At the mention of the mark, Mrs. Dupont grimaces. She hoped to avoid the word until the party, where old folks act like they ain’t scared of dying or dreading the pitying glances anyone with a black mark gets. But Maria wants the red mark again, since she and Nigel always dreamed of a big family. Nothing like when Mrs. Dupont got the red mark, back before she was Mrs. Dupont. Strangers congratulated her at the grocery store, but without a husband, the red mark was almost terrifying as the black one. For all she knew, she could’ve gotten pregnant from a sleezy boyfriend who would leave the minute he found out, but she found Gerry, who passed ten years ago.
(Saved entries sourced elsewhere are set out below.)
-- ===== src/Channel/Queue.antt =====
-- Test data: a channel that is a list and whether its receiver is gone.
use tellus.Prelude.{
  ◌≡◌, refl, Bool, true, false, Option, none, some, List, [], ◌∷◌, ◌++◌, Result, ok, err,
}
use tellus.Channel.{Channel, IsChannel}

module _ (T : Type 0) where
  abbrev pub Line : Type 0
  Line = List T × Bool

  abbrev pub push : Line → T → Result (Unit {0}) T × Line
  push (xs, true) x = (err x, (xs, true))
  push (xs, false) x = (ok tt, (xs ++ x ∷ [], false))

  abbrev pub pop : Line → Option T × Line
  pop ([], gone) = (none, ([], gone))
  pop (x ∷ xs, gone) = (some x, (xs, gone))

  abbrev pub queue : Channel T
  queue = record {
    Chan = Line;
    send = push;
    try_recv = pop;
    is_disconnected = λ c. c.1;
    drain = λ c. (c.0, ([], c.1));
    disconnect = λ c. (c.0, true);
  }

  pub push_open :
      (c : Line) (x : T)
      → c.1 ≡ false
      → ((push c x).0 ≡ ok tt) × ((push c x).1.0 ≡ c.0 ++ x ∷ []) × ((push c x).1.1 ≡ false)
  push_open (xs, true) x h = absurd (cc h)
  push_open (xs, false) x h = (refl, refl, refl)

  pub push_gone : (c : Line) (x : T) → c.1 ≡ true → push c x ≡ (err x, c)
  push_gone (xs, true) x h = refl
  push_gone (xs, false) x h = absurd (cc h)

  pub pop_empty : (c : Line) → c.0 ≡ [] → pop c ≡ (none, c)
  pop_empty ([], gone) h = refl
  pop_empty (x ∷ xs, gone) h = absurd (cc h)

  pub pop_item :
      (c : Line) (x : T) (xs : List T) → c.0 ≡ x ∷ xs → ((pop c).0 ≡ some x) × ((pop c).1.0 ≡ xs)
  pop_item ([], gone) x xs h = absurd (cc h)
  pop_item (y ∷ ys, gone) x xs h = (cc h, cc h)

  pub pop_gone : (c : Line) → (pop c).1.1 ≡ c.1
  pop_gone ([], gone) = refl
  pop_gone (x ∷ xs, gone) = refl

  abbrev pub queue-IsChannel : IsChannel queue
  queue-IsChannel = record {
    contents = λ c. c.0;
    send_connected = push_open;
    send_disconnected = push_gone;
    try_recv_empty = pop_empty;
    try_recv_item = pop_item;
    drained = λ c. (refl, refl);
    is_disconnected-drain = λ c. refl;
    contents-disconnect = λ c. refl;
    is_disconnected-try_recv = pop_gone;
    is_disconnected-disconnect = λ c. refl;
  }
After parking the truck, they kiss Eli goodbye before he runs to the giant playground. The couple and Mrs. Dupont enter the soiree decorated with a classy black and gold theme. Waiters carry hors d’oeuvres on platters as a local jazz band plays. Hand in hand, Nigel and Maria leave for the dance floor. A familiar voice calls for Mrs. Dupont from across the hall. Anna Sue waddles over in a dress, Mrs. Dupont finds much too tight for someone her age and size. The exertion gives her a sweaty sheen, reminding Mrs. Dupont of a pig in heat.
“Some shindig, ain’t it?” Anna Sue asks, still huffing and puffing.
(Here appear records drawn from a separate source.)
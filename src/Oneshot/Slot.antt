-- ===== src/Oneshot/Slot.antt =====
-- A channel as the documentation describes it: a slot, and whether the receiver is there.
use tellus.Prelude.{refl, Bool, true, false, Result, ok, err}
use tellus.Oneshot.{Polled, pending, ready, closed, Oneshot, IsOneshot}

module _ (T : Type 0) where
  abbrev put : Bool → T → Result (Unit {0}) T × (Polled T × Bool)
  put true x = (ok tt, (ready x, true))
  put false x = (err x, (closed, false))

  abbrev close : Polled T → Polled T
  close pending = closed
  close (ready x) = ready x
  close closed = closed

  abbrev pub slot : Oneshot T
  slot = record {
    Chan = Polled T × Bool;
    channel = (pending, true);
    send = λ c x. put c.1 x;
    drop_sender = λ c. (close c.0, c.1);
    drop_receiver = λ c. (c.0, false);
    poll = λ c. c.0;
  }

  pub slot-IsOneshot : IsOneshot slot
  slot-IsOneshot = record {
    has_receiver = λ c. c.1;
    new_channel = (refl, refl);
    send_received = λ c x e h. rw h (refl, refl);
    send_refused = λ c x h. rw h refl;
    poll-drop_sender = λ c e. rw e refl;
    has_receiver-drop_receiver = λ c. refl;
  }
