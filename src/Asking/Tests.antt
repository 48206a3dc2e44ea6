-- ===== src/Asking/Tests.antt =====
-- tellus/src/actor_ref.rs, `tell` and `ask`: the theorems at test data.
use tellus.Prelude.{ℕ, false, true, List, [], ◌∷◌, arith}
use tellus.Actor.{Incoming, message}
use tellus.Channel.Queue.{queue, queue-IsChannel}
use tellus.Quota.{bounded}
use tellus.Oneshot.Slot.{slot}
use tellus.Asking.{Move, replies, drops_reply_to, polled, tell}
use tellus.Asking.Telling.{Told, tell-Told}

-- The time is over before the reply is there, which comes while the asker looks at the clock.
abbrev before : List (Move (slot ℕ) 3 50)
before = polled false ∷ polled false ∷ polled true ∷ []

abbrev later : List (Move (slot ℕ) 3 50)
later = replies 8 ∷ polled true ∷ drops_reply_to ∷ polled true ∷ polled true ∷ []

tell-Told_example :
    Told
      (queue (Incoming ℕ))
      (queue-IsChannel (Incoming ℕ))
      3
      1
      1
      9
      (message 4 ∷ [], false)
      []
      (tell (queue (Incoming ℕ)) 3 9 ((bounded 1 1, (message 4 ∷ [], false)), []))
tell-Told_example =
    tell-Told (queue (Incoming ℕ)) (queue-IsChannel (Incoming ℕ)) 3 1 1 9 (message 4 ∷ [], false) []
      (omega arith)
On any other day Mrs. Dupont would pretend she didn’t hear, but she’d rather not be alone on New Year’s Eve. “Better than last years, I reckon.”
“I remember last year you pitched a hissy fit, sayin you wouldn’t have such a party be your last.” Anna Sue snorts.
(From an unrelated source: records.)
-- ===== src/Backoff/Bounds.antt =====
-- tellus/src/backoff.rs: what `new` grants, and the range and the order of the delays.
use native.Mathlib.Nat.{pow-le-pow_right, mul-le-mul_left}
use native.Mathlib.Decide.{dec_lt}
use tellus.Prelude.{ℕ, ◌^◌, ◌≤◌, ◌<◌, ◌≡◌, ◌↔◌, ok, arith, u32_max}
use tellus.Backoff.{Backoff, Duration, duration_max, new, try_from, factor, duration, IsValid}

pow_pos : (s : ℕ) → 1 ≤ 2 ^ s
pow_pos s = pow-le-pow_right {n = 2} (omega arith) {i = 0} {j = s} (omega arith)

pow-lt : (s : ℕ) → s < 32 → 2 ^ s ≤ 2147483648
pow-lt s h = pow-le-pow_right {n = 2} (omega arith) {i = s} {j = 31} (omega arith)

pub factor-eq-pow : (s : ℕ) → s < 32 → factor s ≡ 2 ^ s
unfolding factor
factor-eq-pow s h = ground (arith, pow-lt s h)

pub factor_saturates : (s : ℕ) → 32 ≤ s → factor s ≡ u32_max
unfolding factor
factor_saturates s h = ground arith

pub factor_pos : (s : ℕ) → 1 ≤ factor s
factor_pos s = ground (arith, factor-eq-pow s, factor_saturates s, pow_pos s)

-- The factor grows with the step, also where it goes over to saturation.
factor_mono : (s t : ℕ) → s ≤ t → factor s ≤ factor t
factor_mono s t h = elim (dec_lt t 32) [
  | yes p ↦
      rw (factor-eq-pow t p, factor-eq-pow s (omega arith))
        (pow-le-pow_right {n = 2} (omega arith) {i = s} {j = t} h)
  | no p ↦ ground (arith, factor_saturates t, factor_saturates s, factor-eq-pow s, pow-lt s)
]

-- A backoff comes out of `new`, and out of the deserialisation of a pair of bounds alike, exactly where
-- its minimum and maximum are the given ones and the maximum is not below the minimum.
pub accepts_iff :
    (min max : Duration) (b : Backoff)
    → ((new min max ≡ ok b) ↔ ((b.min ≡ min) × (b.max ≡ max) × (min ≤ max)))
      × ((try_from (record { min = min; max = max }) ≡ ok b) ↔ (new min max ≡ ok b))
unfolding new try_from
accepts_iff min max b = (ground arith, (λ h. h, λ h. h))

pub new-IsValid :
    (min max : Duration) {b : Backoff} → max ≤ duration_max → new min max ≡ ok b → IsValid b
unfolding new
new-IsValid min max h e = ground arith

-- Every delay lies between the minimum and the maximum.
pub duration_bounds :
    (b : Backoff) (s : ℕ) → IsValid b → (b.min ≤ duration b s) × (duration b s ≤ b.max)
unfolding duration
duration_bounds b s v = grind (arith, factor_pos s)

-- A later step is never delayed less.
pub duration_mono : (b : Backoff) (s t : ℕ) → s ≤ t → duration b s ≤ duration b t
unfolding duration
duration_mono b s t h = omega (arith, mul-le-mul_left b.min (factor_mono s t h))

-- The first step is not delayed beyond the minimum.
pub duration-zero : (b : Backoff) → IsValid b → duration b 0 ≡ b.min
unfolding duration factor
duration-zero b v = omega arith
Tucking a stray hair behind her ear, Mrs. Dupont asks, “Where your chillens at?”
“They heard couples that dance all night on New Year’s Eve are more likely to get pregnant.”
“Anyone believes that is dumb as dirt, bless their hearts.” After a long pause, she continues. “Maybe that’s why Nigel’s on the dance floor, boy can’t dance to save his life.”
“Didn’t he take cotillion with Opal’s daughter?”
“Heard she named her child Sky. Who does that? Nowadays people name chillens all kinds of stupid shit, like Apple and Dusty and Blue.”
“Dusty’s not a bad name for a boy...”
“It ain’t for a boy,” Anna Sue’s mouth forms a perfect ‘o’. “Poor girl’s gonna be the laughingstock of her class.”
With a wave which the ladies return, Steve hobbles past, shaking like a porcelain shop in an earthquake. Anna Sue whispers, “Coulda sworn he died last May.”
“At this rate he’ll outlive us all.”
Gretta walks up, wig slightly askew. Mrs. Dupont don’t know why she wears it, when everyone knows she’s not a natural ginger. “Enjoyin the gala, ladies?”
“Much as we can at our age.” Anna Sue replies, creating a beat of awkward silence.
Clearing her throat, Gretta tries to salvage the conversation. “The young’uns seem to be having a ball. I’d be out there too, but Herb hurt his back liftin the couch all by hisself, bless him.”
“Last time I danced was the twentieth century,” Anna Sue laughs, then with a wistful expression continues. “New Year’s Eve was so fun when we thought we were invincible.”
After a couple minutes of polite conversation, Gretta leaves for the powder room. Still sweaty as a sinner in church, Anna Sue grabs Mrs. Dupont’s hand. The ladies high tail it out of there before Gretta returns.
Applause draws their attention to the stage where Mayor Raymond starts the midnight countdown. Everyone joins.
As Anna Sue hugs Mrs. Dupont tight, she whispers in her ear. “I’m glad I could spend what may be my last New Year’s Eve with my best friend.” She pulls away, misty-eyed before leaving to find her family. When Mrs. Dupont finds Nigel and Maria, they all hold hands as if that would create a bond not even God would dare break. Maria squeezes Mrs. Dupont’s hand with a smile, unintentionally making her regret her jealousy. Mrs. Dupont turns her gaze to the giant clock as it strikes midnight.
Everyone stares at their wrists, where the mark would appear. Mrs. Dupont almost collapses in relief at her unmarked wrist. When she looks up, she sees Nigel’s eyes glued to Maria’s wrist in horror.